An New Efficient Cluster Based Detection Mechanisms for Distributed Denial of Services (DDoS) Attacks

Cluster aggregation of statistical anomaly detection is a mechanism for defending against denial of service attack (dos) and distributed denial-of-service (DDoS) attacks. DDoS attacks are treated as a congestioncontrol problem; because most of the congestion is occurred in the malicious hosts not follow the normal endto- end congestion control. Upstream routers are also notified to drop such packets in order that the router’s resources are used to route legitimate traffic hence term cluster aggregation. If the victim suspects that the cluster aggregations are solved by most of the clients, it increases the complexity of the cluster aggregation. This aggregation solving technique allows the traversal of the attack traffic throughout the intermediate routers before reaching the destination. In this proposal, the aggregation solving mechanism is cluster aggregation to the core routers rather than having at the victim. The router based cluster aggregation mechanism checks the host system whether it is legitimate or not by providing a aggregation to be solved by the suspected host.
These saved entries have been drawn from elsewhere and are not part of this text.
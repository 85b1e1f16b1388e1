-- ===== src/Gov/Majority/Choice.antt =====
-- ctrlers/gov/proposal: which option UpdateMajorOption chooses.
use beatoz_go.Base.{
  ℕ, ◌≡◌, ◌≢◌, ◌⊎◌, refl, true, false, some, List, [], ◌∷◌, ok, Bool-cases, inl, inr, arith,
}
use beatoz_go.Base.Words.{slt64, sle64}
use beatoz_go.Gov.Proposal.{VoteOption, Proposal}
use beatoz_go.Gov.Majority.{
  more_votes, insert_option, sort_options, choose_first, update_major_option,
}

-- Each option of a list; and one of them.
abbrev pub Each : (VoteOption → Type 0) → List VoteOption → Type 0
Each P [] = Unit {0}
Each P (o ∷ os) = P o × Each P os

abbrev pub Among : VoteOption → List VoteOption → Type 0
Among o [] = ⊥
Among o (p ∷ ps) = (o ≡ p) ⊎ Among o ps

-- No option after another has more votes.
abbrev Falling : List VoteOption → Type 0
Falling [] = Unit {0}
Falling (o ∷ os) = Each (λ p. slt64 o.votes p.votes ≡ false) os × Falling os

slt64_trans : (a b c : ℕ) → slt64 a b ≡ false → slt64 b c ≡ false → slt64 a c ≡ false
slt64_trans a b c h g = ground arith

slt64_asym : (a b : ℕ) → slt64 a b ≡ true → slt64 b a ≡ false
slt64_asym a b h = ground arith

Each-mono :
    (P Q : VoteOption → Type 0) (os : List VoteOption)
    → ((o : VoteOption) → P o → Q o)
    → Each P os
    → Each Q os
Each-mono P Q [] f a = tt
Each-mono P Q (o ∷ os) f (h, a) = (f o h, Each-mono P Q os f a)

Each-insert_option :
    (P : VoteOption → Type 0) (o : VoteOption) (os : List VoteOption)
    → P o
    → Each P os
    → Each P (insert_option o os)
unfolding insert_option
Each-insert_option P o [] h a = (h, tt)
Each-insert_option P o (p ∷ ps) h (g, a) = elim (Bool-cases (more_votes p o)) [
  | inl later ↦ rw later (g, Each-insert_option P o ps h a)
  | inr first ↦ rw first (h, (g, a))
]

Each-of_insert_option :
    (P : VoteOption → Type 0) (o : VoteOption) (os : List VoteOption)
    → Each P (insert_option o os)
    → P o × Each P os
unfolding insert_option
Each-of_insert_option P o [] a = a
Each-of_insert_option P o (p ∷ ps) a = elim (Bool-cases (more_votes p o)) [
  | inl later ↦
      let (g, b) : P p × Each P (insert_option o ps) = rw later at a in
      let (h, c) = Each-of_insert_option P o ps b in (h, (g, c))
  | inr first ↦ rw first at a
]

Falling-insert_option :
    (o : VoteOption) (os : List VoteOption) → Falling os → Falling (insert_option o os)
unfolding insert_option
Falling-insert_option o [] s = (tt, tt)
Falling-insert_option o (p ∷ ps) (a, s) = elim (Bool-cases (more_votes p o)) [
  | inl later ↦ rw later (
    Each-insert_option (λ q. slt64 p.votes q.votes ≡ false) o ps (slt64_asym o.votes p.votes later)
        a,
    Falling-insert_option o ps s,
  )
  | inr first ↦ rw first (
    (
      first,
      Each-mono (λ q. slt64 p.votes q.votes ≡ false) (λ q. slt64 o.votes q.votes ≡ false) ps
          (λ q h. slt64_trans o.votes p.votes q.votes first h) a,
    ),
    (a, s),
  )
]

Falling-sort_options : (os : List VoteOption) → Falling (sort_options os)
unfolding sort_options
Falling-sort_options [] = tt
Falling-sort_options (o ∷ os) = Falling-insert_option o (sort_options os) (Falling-sort_options os)

Each-of_sort_options :
    (P : VoteOption → Type 0) (os : List VoteOption) → Each P (sort_options os) → Each P os
unfolding sort_options
Each-of_sort_options P [] a = tt
Each-of_sort_options P (o ∷ os) a =
    let (h, b) = Each-of_insert_option P o (sort_options os) a in (h, Each-of_sort_options P os b)

Each-sort_options :
    (P : VoteOption → Type 0) (os : List VoteOption) → Each P os → Each P (sort_options os)
unfolding sort_options
Each-sort_options P [] a = tt
Each-sort_options P (o ∷ os) (h, a) =
    Each-insert_option P o (sort_options os) h (Each-sort_options P os a)

Each-Among : (os : List VoteOption) → Each (λ o. Among o os) os
Each-Among [] = tt
Each-Among (o ∷ os) = (
  inl refl,
  Each-mono (λ p. Among p os) (λ p. Among p (o ∷ os)) os (λ p h. inr h) (Each-Among os),
)

-- What the choice leaves: the options in another order, and as the major option either one with the
-- most votes, which reach the majority, or what was there, where no option's votes reach it.
pub record IsChosen (p p' : Proposal) : Type 1 where
  pub same_header : p'.header ≡ p.header
  pub options_kept : Each (λ o. Among o p.options) p'.options
  pub options_there : (P : VoteOption → Type 0) → Each P p'.options → Each P p.options
  pub choice :
      ((o : VoteOption) × (p'.major_option ≡ some o)
        × Among o p.options
        × (sle64 p.header.majority_power o.votes ≡ true)
        × Each (λ q. slt64 o.votes q.votes ≡ false) p.options)
      ⊎ ((p'.major_option ≡ p.major_option)
          × Each (λ q. sle64 p.header.majority_power q.votes ≡ false) p.options)

not_reached : (m a b : ℕ) → sle64 m a ≡ false → slt64 a b ≡ false → sle64 m b ≡ false
not_reached m a b h g = ground arith

-- Votes that are not below themselves.
slt64_irrefl : (a : ℕ) → slt64 a a ≡ false
slt64_irrefl a = ground arith

module _ (p : Proposal) where
  choose_first_lem :
      (sorted : List VoteOption)
      → sorted ≢ []
      → Falling sorted
      → Each (λ o. Among o p.options) sorted
      → ((P : VoteOption → Type 0) → Each P sorted → Each P p.options)
      → (p' : Proposal) × (choose_first p sorted ≡ ok p') × IsChosen p p'
  choose_first_lem [] some_there f a b = absurd (some_there refl)
  choose_first_lem (o ∷ os) some_there (f, rest) (here, a) b =
      elim (Bool-cases (sle64 p.header.majority_power o.votes)) [
        | inl reached ↦ (
          record p { options = o ∷ os; major_option = some o },
          rw reached refl,
          record {
            same_header = refl;
            options_kept = (here, a);
            options_there = b;
            choice = inl (
              o,
              refl,
              here,
              reached,
              b (λ q. slt64 o.votes q.votes ≡ false) (slt64_irrefl o.votes, f),
            );
          },
        )
        | inr missed ↦ (
          record p { options = o ∷ os },
          rw missed refl,
          record {
            same_header = refl;
            options_kept = (here, a);
            options_there = b;
            choice = inr (
              refl,
              b (λ q. sle64 p.header.majority_power q.votes ≡ false)
                  (
                    missed,
                    Each-mono (λ q. slt64 o.votes q.votes ≡ false)
                        (λ q. sle64 p.header.majority_power q.votes ≡ false) os
                        (λ q h. not_reached p.header.majority_power o.votes q.votes missed h) f,
                  ),
            );
          },
        )
      ]

insert_option-ne-nil : (o : VoteOption) (os : List VoteOption) → insert_option o os ≢ []
unfolding insert_option
insert_option-ne-nil o [] e = cc
insert_option-ne-nil o (p ∷ ps) e = elim (Bool-cases (more_votes p o)) [
  | inl later ↦ cc (rw later at e)
  | inr first ↦ cc (rw first at e)
]

sort_options-ne-nil : (os : List VoteOption) → os ≢ [] → sort_options os ≢ []
unfolding sort_options
sort_options-ne-nil [] h e = h refl
sort_options-ne-nil (o ∷ os) h e = insert_option-ne-nil o (sort_options os) e

-- UpdateMajorOption of a proposal with options succeeds. The major option becomes one with the
-- most votes if these reach the majority power, and stays what it was if no option's votes do; the
-- options are the same, and the header.
pub update_major_option_exact :
    (p : Proposal)
    → p.options ≢ []
    → (p' : Proposal) × (update_major_option p ≡ ok p') × IsChosen p p'
unfolding update_major_option
update_major_option_exact p some_there =
    choose_first_lem p (sort_options p.options) (sort_options-ne-nil p.options some_there)
      (Falling-sort_options p.options)
      (Each-sort_options (λ o. Among o p.options) p.options (Each-Among p.options))
      (λ P. Each-of_sort_options P p.options)
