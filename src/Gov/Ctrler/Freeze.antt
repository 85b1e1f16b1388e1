-- ===== src/Gov/Ctrler/Freeze.antt =====
-- ctrlers/gov/ctrler.go: what freezeProposals does to the ledger.
pub mod Keys
pub mod Views
use beatoz_go.Base.{
  ℕ, ◌≡◌, ◌≢◌, refl, sym, ap, ◌∙◌, subst, Bool, true, false, ◌&&◌, ◌||◌, Option, none, some, List,
  [], ◌∷◌, ◌++◌, Status, Result, ok, Option-cases, if◌then◌else◌, Bool-cases, inl, inr, ◌==◌, arith,
}
use mathlib.Core.List.{append_assoc, append-nil}
use beatoz_go.Base.Words.{slt64}
use beatoz_go.Base.Bytes.{Bytes, bytes_eq, has_prefix, bytes_eq_sound, bytes_eq_refl}
use beatoz_go.Ledger.Keys.{
  ledger_key_proposal, ledger_key_frozen_prop, key_prefix_proposal, key_prefix_frozen_prop,
}
use beatoz_go.Ledger.Map.{Store, IsMap}
use beatoz_go.Ledger.Map.Removal.{NotEmpty, del_all, del_all_lem, drop_view, listed}
use beatoz_go.Ledger.Map.Seek.{
  Seeker, IsListed, visit, entry, AreUnder, EachEntry, each_entry, entry_not_here, entry_is_here,
}
use beatoz_go.Gov.Proposal.{Proposal, VoteOption}
use beatoz_go.Gov.Params.{GovParams}
use beatoz_go.Gov.Majority.{update_major_option}
use beatoz_go.Gov.Majority.Choice.{IsChosen, update_major_option_exact}
use beatoz_go.Gov.Ctrler.{GovItem, proposal_item, params_item, GovCtrler, gov_keyed}
use beatoz_go.Gov.Ctrler.Blocks.{Frozen, frozen_key, freeze_one, freeze_proposals, set_all}
use beatoz_go.Gov.Ctrler.Writes.{View, put_view, put_view_cong, set_all_lem}

-- What becomes of an open proposal at the end of a block.
pub data Verdict : Type 0 where
  keep : Verdict
  freeze : Proposal → Verdict
  remove : Verdict

abbrev pub by_major : Proposal → Verdict
by_major p = elim p.major_option [ some o ↦ freeze p | none ↦ remove ]

-- Up to its last voting height a proposal is kept; after it, the majority option decides.
abbrev pub verdict : ℕ → GovItem → Verdict
verdict height (params_item g) = keep
verdict height (proposal_item p) =
    if slt64 p.header.end_voting_height height
    then elim (update_major_option p) [ ok p' ↦ by_major p' | _ ↦ keep ]
    else keep

abbrev pub judge : ℕ → Option GovItem → Verdict
judge height none = keep
judge height (some i) = verdict height i

abbrev pub left_open : Verdict → Option GovItem → Option GovItem
left_open keep o = o
left_open _ o = none

abbrev pub newly_frozen : Verdict → Option GovItem → Option GovItem
newly_frozen (freeze p) o = some (proposal_item p)
newly_frozen _ o = o

-- An open proposal is stored under its own hash and has options.
abbrev pub IsVotable : Bytes → GovItem → Type 0
IsVotable key item =
    (p : Proposal) × (item ≡ proposal_item p)
    × (key ≡ ledger_key_proposal p.header.tx_hash)
    × (p.options ≢ [])

abbrev pub news_of : Verdict → List Proposal → List Proposal
news_of (freeze p) ps = p ∷ ps
news_of _ ps = ps

abbrev pub frozen_of : Verdict → Bytes → List Bytes → List Bytes
frozen_of (freeze p) k ks = k ∷ ks
frozen_of _ k ks = ks

abbrev pub removed_of : Verdict → Bytes → List Bytes → List Bytes
removed_of remove k ks = k ∷ ks
removed_of _ k ks = ks

abbrev pub news : ℕ → List (Bytes × GovItem) → List Proposal
news height [] = []
news height (e ∷ es) = news_of (verdict height e.1) (news height es)

abbrev pub frozens : ℕ → List (Bytes × GovItem) → List Bytes
frozens height [] = []
frozens height (e ∷ es) = frozen_of (verdict height e.1) e.0 (frozens height es)

abbrev pub removeds : ℕ → List (Bytes × GovItem) → List Bytes
removeds height [] = []
removeds height (e ∷ es) = removed_of (verdict height e.1) e.0 (removeds height es)

-- One entry as the callback collects it.
abbrev pub collect : Verdict → Bytes → Frozen → Frozen
collect keep key f = f
collect (freeze p) key f = record f {
  new_frozens = f.new_frozens ++ (p ∷ []);
  frozen_props = f.frozen_props ++ (key ∷ []);
}
collect remove key f = record f { removed_props = f.removed_props ++ (key ∷ []) }

decided :
    (key : Bytes) (p : Proposal) (f : Frozen) (o : Option VoteOption)
    → ◌≡◌ {A = Status × Frozen}
        (elim o as (λ x. Status × Frozen) [
          | none ↦ (ok tt, record f { removed_props = f.removed_props ++ (key ∷ []) })
          | some x ↦ (
            ok tt,
            record f {
              new_frozens = f.new_frozens ++ (p ∷ []);
              frozen_props = f.frozen_props ++ (key ∷ []);
            },
          )
        ])
        (ok tt, collect (elim o as (λ x. Verdict) [ none ↦ remove | some x ↦ freeze p ]) key f)
decided key p f none = refl
decided key p f (some o) = refl

module _ (s : Store GovItem) (k : Seeker s) (parse : Bytes → Result GovParams) where
  freeze_proposal_lem :
      (height : ℕ) (key : Bytes) (p : Proposal) (f : Frozen)
      → p.options ≢ []
      → freeze_one s k parse height key (proposal_item p) f
        ≡ (ok tt, collect (verdict height (proposal_item p)) key f)
  unfolding freeze_one
  freeze_proposal_lem height key p f some_there =
      elim (Bool-cases (slt64 p.header.end_voting_height height)) [
        | inr voting ↦ rw voting refl
        | inl expired ↦
            let (p', ran, chosen) = update_major_option_exact p some_there in
            rw (expired, ran) (decided key p' f p'.major_option)
      ]

  freeze_one_lem :
      (height : ℕ) (key : Bytes) (item : GovItem) (f : Frozen)
      → IsVotable key item
      → freeze_one s k parse height key item f ≡ (ok tt, collect (verdict height item) key f)
  freeze_one_lem height key item f (p, is, at, some_there) =
      rw is (freeze_proposal_lem height key p f some_there)

  -- The walk over the open proposals collects what the verdicts say.
  visit-freeze_one :
      (height : ℕ) (es : List (Bytes × GovItem)) (f : Frozen)
      → EachEntry IsVotable es
      → visit (freeze_one s k parse height) es f ≡ (
        ok tt,
        record {
          new_frozens = f.new_frozens ++ news height es;
          frozen_props = f.frozen_props ++ frozens height es;
          removed_props = f.removed_props ++ removeds height es;
        },
      )
  unfolding visit
  visit-freeze_one height [] f a = simp append-nil
  visit-freeze_one height (e ∷ es) f (votable, a) = rw (freeze_one_lem height e.0 e.1 f votable) (
      visit-freeze_one height es (collect (verdict height e.1) e.0 f) a
      ∙ joined (verdict height e.1) e.0 (news height es) (frozens height es) (removeds height es))
    where
      joined :
          (v : Verdict) (key : Bytes) (ns : List Proposal) (fs rs : List Bytes)
          → ◌≡◌ {A = Status × Frozen}
              (
                ok tt,
                record {
                  new_frozens = (collect v key f).new_frozens ++ ns;
                  frozen_props = (collect v key f).frozen_props ++ fs;
                  removed_props = (collect v key f).removed_props ++ rs;
                },
              )
              (
                ok tt,
                record {
                  new_frozens = f.new_frozens ++ news_of v ns;
                  frozen_props = f.frozen_props ++ frozen_of v key fs;
                  removed_props = f.removed_props ++ removed_of v key rs;
                },
              )
      joined keep key ns fs rs = refl
      joined (freeze p) key ns fs rs = simp append_assoc
      joined remove key ns fs rs = simp append_assoc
Simulation of a vessel sensor network of ZigBee standard

The subject of the paper is a vessel sensor network designed to collect data from wireless sensors for various purposes. The peculiarity of this network application is the presence of a large number of premises, wireless communication between which is complicated. One of the possible approaches to solving this problem is to use coordinators connected by a switch into a local network, and a large number of routers that provide data relaying along the chain. Studies of the proposed vessel wireless network in the OMNeT ++ simulation modeling environment using Castalia framework are carried out in the paper. The process of modeling both the network itself and its individual components, and various modes of their operation is shown. The interaction of network nodes through intermediate routers is considered. Estimation of losses during packet delivery along a chain of routers, the time spent on processing packets in routers and delays in packet delivery to the network coordinator from the sending node is based on the compiled model. It is concluded that with the increasing complexity of the network structure (growth in the number of routers), there is a proportional rise of the packets delivery delay over the wireless network to the vessel local network. However, all transmitted packets are delivered to the addressee.

Routing Issues And Challenges for Mobile ad-hoc Networks (MANETs): A Review

Mobile ad-hoc networks also referred to as MANETs belong to a collaborative collection of different cellular devices from a heterogeneous community, the prolific characteristic is the capability to enroll in and give up the community at any time. This results in a creation of a decentralized community of cell nodes that could connect, talk and bypass messages to each different without the requirement of an intermediate router. MANETs are usually used in numerous sets of packages like military operations, emergency or catastrophe relief operations, commercial enterprise conferences, political conferences, mine site operations. In those forms of networks, the maximum crucial trouble is that of locating the first-class direction available between the 2 nodes consistent with the consumer necessities. Despite many fascinating future programs of cellular ad-hoc networks (MANETs), There are nevertheless a few crucial challenges and open issues to be solved. As a consequence, extensively on this paper, we present an outline of MANETs, and their routing protocols. Then we present numerous tough issues and the future work.